You can search this site in various locations to find endless information on these maintenance and adjustment items, and SRX's in general. You can read for days. You can also download the Owners manual from Yamaha's website for free, which details all of the common operation, maintenance, and adjustment specs. If you become a VIP on this site for $15, you can contact one of the moderators that deal with the factory service manuals in the VIP section, and receive a download for that as well, then you will have even more thorough service information.
Last edited:
fourbarrel
VIP Lifetime Member
Buy yourself a primary puller bolt so that you can take it off and pull it apart and really inspect all the parts inside there.The rollers should all be smooth and turn freely,the flyweights should move up and down easily and not have any side to side slop indicating a bad bushing.The plastic spider buttons shouldn't have any flat spots and the areas in the sliding sheave where they move should be clean,this is easiliy done with an air compressor.The sliding sheave should move on the spider shaft without binding but there is a bushing there that does wear so if you find too much slop or it's sticking you'll need to have the two pieces separated and a new bushing pressed in.If you have a welder or a friend that does you can build a grunt tool to do the work on your primary rather than pay a dealer to do it.It doesn't take many trips to a dealer to have little things like this done before it become expensive and building a couple of tools of your own is way cheaper in the long run.

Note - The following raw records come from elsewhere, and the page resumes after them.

-- ===== src/IoLoop/Safety.antt =====
-- ioloop/ioloop.c: no call frees what is not allocated, whatever the callbacks add and delete.
use divers.Base.{
  ℕ, ◌+◌, ◌<◌, ◌≡◌, refl, sym, ap, ◌∙◌, arith, inl, inr, ◌⊎◌, Bool, true, false, ◌||◌, Option, none,
  some, List, [], ◌∷◌, has, Distinct, Bool-cases, Option-cases, subst, ==-refl,
}
use divers.Resources.{Held, block, ◌>>=◌}
use divers.Resources.Counts.{one_of, count, release-count}
use divers.IoLoop.{
  EventDesc, Event, Manager, Answers, tfind, tdelete, unwatch, epoll_add, add_event, del_event,
  del_internal_event, stop_loop, free_node, tdestroy, exit_lib,
}
use divers.IoLoop.Rounds.{Op, add, del, stop, perform, perform_all}
use divers.IoLoop.Balance.{IsAdded, with_event, add_event-IsAdded}
use divers.IoLoop.Table.{
  fds, count_data, count_both, IsTable, tfind-has, tfind_fd, tdelete_missing, fds-tdelete,
  unwatch-Distinct, count_both-tdelete,
}

-- The call returns, and its table is in order.
abbrev pub Kept : Option Manager → Type 0
Kept o = (m : Manager) × (o ≡ some m) × IsTable m

-- So too, and the tree lacks the descriptor.
abbrev pub Deleted : ℕ → Manager → Option Manager → Type 0
Deleted fd m o = (m' : Manager) × (o ≡ some m') × IsTable m' × (m'.root ≡ tdelete fd m.root)

epoll_add-has : (ok : Bool) (fd : ℕ) (xs : List ℕ) → epoll_add ok fd xs ≡ true → has fd xs ≡ false
epoll_add-has ok fd xs e = elim (Bool-cases (has fd xs)) [
  | inr f ↦ f
  | inl t ↦ absurd (elim (Bool-cases ok) [ inl c ↦ cc | inr c ↦ cc ])
]

pub with_event-IsTable :
    (ref : EventDesc) (ev d : ℕ) (m : Manager)
    → IsTable m
    → has ref.fd m.watched ≡ false
    → IsTable (with_event ref ev d m)
with_event-IsTable ref ev d m t n = record {
  watched = ap (λ xs. ref.fd ∷ xs) t.watched;
  distinct = (subst (λ xs. has ref.fd xs ≡ false) t.watched n, t.distinct);
  blocks = λ b. omega (arith, t.blocks b);
}

added-Kept :
    (a : Answers) (ref : EventDesc) (m : Manager) (o : Option (ℕ × Manager))
    → IsTable m
    → IsAdded a ref m o
    → Kept (o >>= λ r. some (r.1))
added-Kept a ref m none t h = absurd h
added-Kept a ref m (some (ret, m')) t (inl (ev, d, _, _, _, taken, _, e)) = rw e (
  with_event ref ev d m,
  refl,
  with_event-IsTable ref ev d m t (epoll_add-has a.ctl_ok ref.fd m.watched taken),
)
added-Kept a ref m (some (ret, m')) t (inr (_, e, _)) = rw e (m, refl, t)

-- What is in the table is watched.
pub known :
    (fd : ℕ) (m : Manager) → IsTable m → (tfind fd m.root ≡ none) ⊎ (has fd m.watched ≡ true)
known fd m t = elim (tfind-has fd m.root) [
  | inl n ↦ inl n
  | inr h ↦ inr (subst (λ xs. has fd xs ≡ true) (sym t.watched) h)
]

one_of_self : (b : ℕ) → one_of b (block b) ≡ 1
one_of_self b = rw (==-refl b) refl

-- The table without an entry, with the blocks `b` and the lost entries `lost`.
abbrev without : ℕ → Event → (b : Held) (lost : List Event) → Manager → Manager
without fd e b lost m = record m {
  root = tdelete e.desc.fd m.root;
  watched = unwatch fd m.watched;
  blocks = b;
  lost = lost;
}

module _ (fd : ℕ) (e : Event) (m : Manager) (t : IsTable m) (h : tfind fd m.root ≡ some e) where
  entry_counts :
      (c : ℕ)
      → count c m.blocks
        ≡ one_of c (block e.data_ptr)
          + one_of c (block e.ptr)
          + count_both c (tdelete fd m.root)
          + count_data c m.lost
  entry_counts c = omega (arith, t.blocks c, count_both-tdelete c fd m.root e h)

  without-IsTable :
      (b : Held) (lost : List Event)
      → ((c : ℕ) → count c b ≡ count_both c (tdelete fd m.root) + count_data c lost)
      → IsTable (without fd e b lost m)
  without-IsTable b lost counts = rw (tfind_fd fd m.root e h) (record {
    watched = ap (unwatch fd) t.watched ∙ sym (fds-tdelete fd m.root);
    distinct =
        subst Distinct (sym (fds-tdelete fd m.root)) (unwatch-Distinct fd (fds m.root) t.distinct);
    blocks = counts;
  })

  same_root : tdelete e.desc.fd m.root ≡ tdelete fd m.root
  same_root = ap (λ k. tdelete k m.root) (tfind_fd fd m.root e h)

  del_internal_event-Deleted : Deleted fd m (del_internal_event fd e m >>= λ r. some (r.1))
  unfolding del_internal_event
  del_internal_event-Deleted = elim (Bool-cases e.desc.has_clean) [
    | inl c ↦
        let held : 0 < count e.data_ptr m.blocks =
          omega (arith, entry_counts e.data_ptr, one_of_self e.data_ptr) in
        let (b1, r1, c1) = release-count e.data_ptr m.blocks held in
        let held' : 0 < count e.ptr b1 =
          omega (arith, entry_counts e.ptr, one_of_self e.ptr, c1 e.ptr) in
        let (b2, r2, c2) = release-count e.ptr b1 held' in
        let kept = without-IsTable b2 m.lost (λ b. omega (arith, entry_counts b, c1 b, c2 b)) in
        (without fd e b2 m.lost m, simp (c, r1, r2), kept, same_root)
    | inr c ↦
        let held : 0 < count e.ptr m.blocks =
          omega (arith, entry_counts e.ptr, one_of_self e.ptr) in
        let (b2, r2, c2) = release-count e.ptr m.blocks held in
        let kept = without-IsTable b2 (e ∷ m.lost) (λ b. omega (arith, entry_counts b, c2 b)) in
        (without fd e b2 (e ∷ m.lost) m, simp (c, r2), kept, same_root)
  ]

pub del_event-Deleted :
    (fd : ℕ) (m : Manager) → IsTable m → Deleted fd m (del_event fd m >>= λ r. some (r.1))
unfolding del_event
del_event-Deleted fd m t = elim (Option-cases (tfind fd m.root)) [
  | inl n ↦ rw (n, del_event) (m, refl, t, sym (tdelete_missing fd m.root n))
  | inr (e, h) ↦ rw (h, del_event) (del_internal_event-Deleted fd e m t h)
]

pub perform-Kept : (op : Op) (m : Manager) → IsTable m → Kept (perform op m)
unfolding perform
perform-Kept (add a ref) m t =
    added-Kept a ref m (add_event a ref m) t (add_event-IsAdded a ref m (known ref.fd m t))
perform-Kept (del fd) m t = let (m', e, t', _) = del_event-Deleted fd m t in (m', e, t')
perform-Kept stop m t =
    (stop_loop m, refl, record { watched = t.watched; distinct = t.distinct; blocks = t.blocks })

-- From a table in order, any additions, deletions and stops free only what is allocated, and leave a table
-- in order: its descriptors are distinct and are exactly those that epoll watches, and the blocks are
-- those of its entries and the data of entries that were deleted without a cleaning function.
pub perform_all-Kept : (ops : List Op) (m : Manager) → IsTable m → Kept (perform_all ops m)
unfolding perform_all
perform_all-Kept [] m t = (m, refl, t)
perform_all-Kept (op ∷ ops) m t =
    let (m1, e1, t1) = perform-Kept op m t in rw e1 (perform_all-Kept ops m1 t1)

-- What `iol_exitlib` leaves: nothing is watched, each descriptor of the table is closed, and of the blocks
-- only the data of the lost entries is still allocated.
pub record IsDestroyed (es : List Event) (closed closed' : List ℕ) (lost : List Event) (m : Manager)
    : Type 0 where
  pub watched : m.watched ≡ []
  pub closes : (fd : ℕ) → has fd closed' ≡ has fd (fds es) || has fd closed
  pub blocks : (b : ℕ) → count b m.blocks ≡ count_data b lost

tdestroy-IsDestroyed :
    (es : List Event) (closed : List ℕ) (m : Manager)
    → m.watched ≡ fds es
    → ((b : ℕ) → count b m.blocks ≡ count_both b es + count_data b m.lost)
    → (closed' : List ℕ) × (m' : Manager) × (tdestroy es (closed, m) ≡ some (closed', m'))
      × IsDestroyed es closed closed' m.lost m'
unfolding tdestroy free_node
tdestroy-IsDestroyed [] closed m w counts = (
  closed,
  m,
  refl,
  record { watched = w; closes = λ fd. refl; blocks = λ b. omega (arith, counts b) },
)
tdestroy-IsDestroyed (e ∷ es) closed m w counts =
    let held : 0 < count e.data_ptr m.blocks =
      omega (arith, counts e.data_ptr, one_of_self e.data_ptr) in
    let (b1, r1, c1) = release-count e.data_ptr m.blocks held in
    let held' : 0 < count e.ptr b1 = omega (arith, counts e.ptr, one_of_self e.ptr, c1 e.ptr) in
    let (b2, r2, c2) = release-count e.ptr b1 held' in
    let rest : unwatch e.desc.fd m.watched ≡ fds es = rw (w, ==-refl e.desc.fd) refl in
    let (closed', m', e', d) =
      tdestroy-IsDestroyed es (e.desc.fd ∷ closed)
        (record m { watched = unwatch e.desc.fd m.watched; blocks = b2 }) rest
        (λ b. omega (arith, counts b, c1 b, c2 b)) in
    (
      closed',
      m',
      simp (r1, r2) e',
      record { watched = d.watched; closes = λ fd. d.closes fd ∙ ground arith; blocks = d.blocks },
    )

-- From a table in order, `iol_exitlib` frees only what is allocated: then nothing is watched, exactly the
-- descriptors of the table are closed, and of the blocks only the data of the entries that were deleted
-- without a cleaning function is still allocated.
pub exit_lib-IsDestroyed :
    (m : Manager)
    → IsTable m
    → (closed : List ℕ) × (m' : Manager) × (exit_lib m ≡ some (closed, m'))
      × IsDestroyed m.root [] closed m.lost m'
unfolding exit_lib
exit_lib-IsDestroyed m t = tdestroy-IsDestroyed m.root [] m t.watched t.blocks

If your looking for other areas to check then like srx700c said bearings,chaincase,jackshaft and driveshaft (axle) ,the axle one being to most commonly overlooked .
Clutch centre to centre as well as off set,if either of these are off it will certainly make short work of a belt. Check your engine mounts to make sure none are broken or loose.
If your looking for other areas to check then like srx700c said bearings,chaincase,jackshaft and driveshaft (axle) ,the axle one being to most commonly overlooked .
Clutch centre to centre as well as off set,if either of these are off it will certainly make short work of a belt. Check your engine mounts to make sure none are broken or loose.